Significant improvements are not anticipated when comparing with our "fresh" scenario, as the comparison is made against a scenario that operates without memory pressure. Consequently, this scenario does not experience the drawbacks of an architecture struggling to cope with such pressure. However, the significant improvement compared to our "load" scenario is strong evidence that the memory pipeline is much more stable.

srinathsetty commented 5 months ago

Thanks for adding all the context! This is a very important optimization in the big picture. We would like to eventually get this feature merged.

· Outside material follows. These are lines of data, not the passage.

-- ===== src/Stats/Collector/Bounds.antt =====
-- The number of tracked miners is bounded, and a pool's own counters never miss a share.
use icminers_stratum_v.Prelude.{
  str_eq, ℕ, ◌+◌, ◌<◌, ◌≤◌, ◌≡◌, ◌≢◌, refl, arith, ap, ◌∙◌, [], ◌∷◌, if◌then◌else◌, none, some, inl,
  inr, Bool-cases, Option-cases, leb, Str, length, list_beq, list_beq_iff,
}
use icminers_stratum_v.Prelude.Floats.{Floats}
use icminers_stratum_v.Stats.Collector.{
  cleanup, Dict, record_in_pool, pool_entry, record_share, MinerEntry, find_miner, ShareEvent,
  PoolEntry, ring_add, max_tracked_miners, count_share, new_miner,
}
use icminers_stratum_v.Prelude.Dict.{
  Dict, lookup, lookup-insert_same, length-insert_old, lookup-insert, length-insert, insert,
}
use icminers_stratum_v.Jobs.Submit.{ShareEvent}
use icminers_stratum_v.Stats.Ring.{ring_add}

module _ {F : Type 0} where
  length-cleanup :
      (now : ℕ) (miners : Dict Str (MinerEntry F)) → length (cleanup now miners) ≤ length miners
  unfolding cleanup
  length-cleanup now [] = omega arith
  length-cleanup now ((id, m) ∷ miners) = ground (arith, length-cleanup now miners)

module _ (fl : Floats) where
  open fl use {F}

  length-kept :
      (now : ℕ) (miners : Dict Str (MinerEntry F))
      → length (if leb max_tracked_miners (length miners) then cleanup now miners else miners)
        ≤ length miners
  length-kept now miners = ground (arith, length-cleanup now miners)

  find_miner-bounded :
      (id : Str) (now : ℕ) (g : MinerEntry F → MinerEntry F) (miners : Dict Str (MinerEntry F))
      → length miners ≤ max_tracked_miners
      → length (elim (find_miner fl id now miners).1 [
        | none ↦ (find_miner fl id now miners).0
        | some m ↦ insert id (g m) (find_miner fl id now miners).0
      ])
        ≤ max_tracked_miners
  unfolding find_miner
  find_miner-bounded id now g miners h = elim (Option-cases (lookup id miners)) [
    | inr (m, found) ↦
        rw (found, find_miner)
          (rw (found, find_miner) (omega (arith, length-insert_old id (g m) m miners found, h)))
    | inl new ↦
        let kept = if leb max_tracked_miners (length miners) then cleanup now miners else miners in
        elim (Bool-cases (leb max_tracked_miners (length kept))) [
          | inl full ↦
              rw (new, find_miner, full)
                (rw (new, find_miner) (omega (arith, length-kept now miners, h)))
          | inr room ↦
              let below : length kept < max_tracked_miners = ground (arith, room) in
              rw (new, find_miner, room)
                (rw (new, find_miner)
                  (omega (arith, below, length-insert id (g (new_miner fl)) kept)))
        ]
  ]

  record_in_pool-bounded :
      (ev : ShareEvent F) (now : ℕ) (p : PoolEntry F)
      → length p.miners ≤ max_tracked_miners
      → length (record_in_pool fl ev now p).miners ≤ max_tracked_miners
  unfolding record_in_pool
  record_in_pool-bounded ev now p h =
      find_miner-bounded ev.miner now (count_share fl ev now) p.miners h

  record_in_pool-counted :
      (ev : ShareEvent F) (now : ℕ) (p : PoolEntry F)
      → ((record_in_pool fl ev now p).shares ≡ p.shares + 1)
        × ((record_in_pool fl ev now p).ring ≡ ring_add fl ev.worker_diff now p.ring)
        × ((record_in_pool fl ev now p).blocks ≡ p.blocks)
  unfolding record_in_pool
  record_in_pool-counted ev now p = (refl, refl, refl)

  -- No pool tracks more miners than the cap.
  abbrev pub IsBounded : Dict Str (PoolEntry F) → Type 0
  IsBounded pools =
      (id : Str) (p : PoolEntry F) → lookup id pools ≡ some p → length p.miners ≤ max_tracked_miners

  entry-bounded :
      (id : Str) (pools : Dict Str (PoolEntry F))
      → IsBounded pools
      → length (pool_entry fl id pools).miners ≤ max_tracked_miners
  unfolding pool_entry
  entry-bounded id pools h = elim (Option-cases (lookup id pools)) [
    | inl new ↦ rw (new, pool_entry) (omega arith)
    | inr (p, found) ↦ rw (found, pool_entry) (h id p found)
  ]

  pool_entry-insert :
      (id : Str) (p : PoolEntry F) (pools : Dict Str (PoolEntry F))
      → pool_entry fl id (insert id p pools) ≡ p
  unfolding pool_entry
  pool_entry-insert id p pools = rw (lookup-insert_same id p pools, pool_entry) refl

  -- A share leaves every pool within the cap of tracked miners, and the other pools as they were; its
  -- own pool counts it, in its total and in its ring, whether or not its miner can be tracked.
  pub record_share-IsBounded :
      (ev : ShareEvent F) (now : ℕ) (pools : Dict Str (PoolEntry F))
      → IsBounded pools
      → IsBounded (record_share fl ev now pools)
        × ((other : Str)
            → ev.pool_id ≢ other
            → lookup other (record_share fl ev now pools) ≡ lookup other pools)
        × ((pool_entry fl ev.pool_id (record_share fl ev now pools)).shares
            ≡ (pool_entry fl ev.pool_id pools).shares + 1)
        × ((pool_entry fl ev.pool_id (record_share fl ev now pools)).ring
            ≡ ring_add fl ev.worker_diff now (pool_entry fl ev.pool_id pools).ring)
  unfolding record_share
  record_share-IsBounded ev now pools h =
      let before = pool_entry fl ev.pool_id pools in
      let after = record_in_pool fl ev now before in
      let here = pool_entry-insert ev.pool_id after pools in
      let counted = record_in_pool-counted ev now before in
      (
        λ id p e. elim (Bool-cases (list_beq ev.pool_id id)) [
          | inl same ↦
              let found : after ≡ p =
                ground (arith, e, same, lookup-insert ev.pool_id id after pools) in
              rw (← found) (record_in_pool-bounded ev now before (entry-bounded ev.pool_id pools h))
          | inr apart ↦ h id p (ground (arith, e, apart, lookup-insert ev.pool_id id after pools))
        ],
        λ other d.
            ground
              (arith, d, lookup-insert ev.pool_id other after pools, list_beq_iff ev.pool_id other),
        ap (λ q. q.shares) here ∙ counted.0,
        ap (λ q. q.ring) here ∙ counted.1,
      )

One thing that we need to get better clarity is how this kind of optimization will impact future code changes. For example, in some instances, this inherently requires the caller to allocate and manage memory of the callee.

Have you considered making this to be based on traits? For example, in the current PR (assuming I understand the full code correctly), pub struct ResourceBuffer<E: Engine> (defined in lib.rs) seems to be very much tied to the particulars of nifs.rs. Is there a pattern in which we can have nifs.rs define certain types that lib.rs can use as a black box (with certain trait methods)?

The reason to bring up this design is in the future, we might abstract away nifs.fs with a trait so that lib.rs knows nothing about the internal details.